Though legislation has been passed through the Greek Parliament to allow for the building of a mosque for Athens estimated 400,000 Muslim residents, construction has yet to begin. Muslims worship in unofficial prayer spaces in rented apartments and stores.

More:
At least three people were hospitalized in Athens on Saturday morning after a firebomb attack on a shop used as a Muslim prayer center for immigrants. Police said unknown assailants smashed the shop's windows and poured gasoline inside before igniting it.

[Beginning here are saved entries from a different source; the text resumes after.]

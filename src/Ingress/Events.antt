-- ===== src/Ingress/Events.antt =====
-- The fan-out of new mail in api/ingress/events.go. The map of the subscriptions is a list; a call
-- that holds the lock is one step. What a closed channel still buffers is left out.
pub mod Scoped
use far_mail.Base.{
  ℕ, ◌+◌, Bool, true, false, not, ◌&&◌, ◌||◌, List, [], ◌∷◌, ◌++◌, ◌==◌, ltb, if◌then◌else◌, length,
  map, keep,
}
use far_mail.Text.{Bytes}

-- model.MailboxEmailEvent, with the id of its message
pub record MailboxEvent : Type 0 where
  pub mailbox_id : ℕ
  pub full_address : Bytes
  pub email_id : ℕ

-- emailSubscription, with the id it is filed under and what its channel buffers.
pub record Subscription : Type 0 where
  pub id : ℕ
  pub mailbox_id : ℕ
  pub events : List MailboxEvent

pub record Hub : Type 0 where
  pub subscribers : List Subscription
  pub next_subscriber : ℕ
  pub events_dropped : ℕ

abbrev pub channel_size : ℕ
channel_size = 16

-- `Subscribe`: a mailbox, or all of them for the nil id
unfoldable pub subscribe : ℕ → Hub → Hub
subscribe mailbox hub =
    let id = hub.next_subscriber + 1 in
    record hub {
      next_subscriber = id;
      subscribers = hub.subscribers ++ record { id = id; mailbox_id = mailbox; events = [] } ∷ [];
    }

-- The function that `Subscribe` returns
unfoldable pub unsubscribe : ℕ → Hub → Hub
unsubscribe id hub = record hub { subscribers = keep (λ s. not (s.id == id)) hub.subscribers }

abbrev pub is_for : MailboxEvent → Subscription → Bool
is_for event s = s.mailbox_id == 0 || s.mailbox_id == event.mailbox_id

abbrev pub has_space : Subscription → Bool
has_space s = ltb (length s.events) channel_size

-- The send of one round, which never waits.
unfoldable pub offer : MailboxEvent → Subscription → Subscription
offer event s =
    if is_for event s && has_space s then record s { events = s.events ++ event ∷ [] } else s

unfoldable pub count_dropped : MailboxEvent → List Subscription → ℕ
count_dropped event [] = 0
count_dropped event (s ∷ subscribers) =
    (if is_for event s && not (has_space s) then 1 else 0) + count_dropped event subscribers

-- `publishEmailEvent`
unfoldable pub publish : MailboxEvent → Hub → Hub
publish event hub = record hub {
  subscribers = map (offer event) hub.subscribers;
  events_dropped = hub.events_dropped + count_dropped event hub.subscribers;
}

abbrev pub without_first : List MailboxEvent → List MailboxEvent
without_first [] = []
without_first (event ∷ events) = events

-- A receive of the holder of a subscription.
unfoldable pub take_one : Subscription → Subscription
take_one s = record s { events = without_first s.events }

unfoldable pub receive_event : ℕ → Hub → Hub
receive_event id hub = record hub {
  subscribers = map (λ s. if s.id == id then take_one s else s) hub.subscribers;
}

The march on Friday was organized by leftist, immigrant and anti-racism groups. Violence broke out after the rally when a group of protesters began throwing projectiles at police. Immigrant groups allege that an Athens police officer tore apart and stepped on the Koran of a coffee shop customer during a police check in central Athens on Thursday
Later learned to be the customary, um, lie.
Some 46 protesters were arrested Friday during the clashes, while seven Muslim immigrants and seven policemen were hospitalized for treatment. More than 70 cars and around a dozen businesses were damaged in the clashes, which sent tourists running for cover in nearby hotels.

A day earlier an even larger crowd of around 1,500 Muslim immigrants rallied before the march degenerated into violence. Police used tear gas to disperse the crowds.
It's not clear to me whether the journalist is still talking about the Friday march and violence, or whether there was another violent march on Thursday immediately following the incident.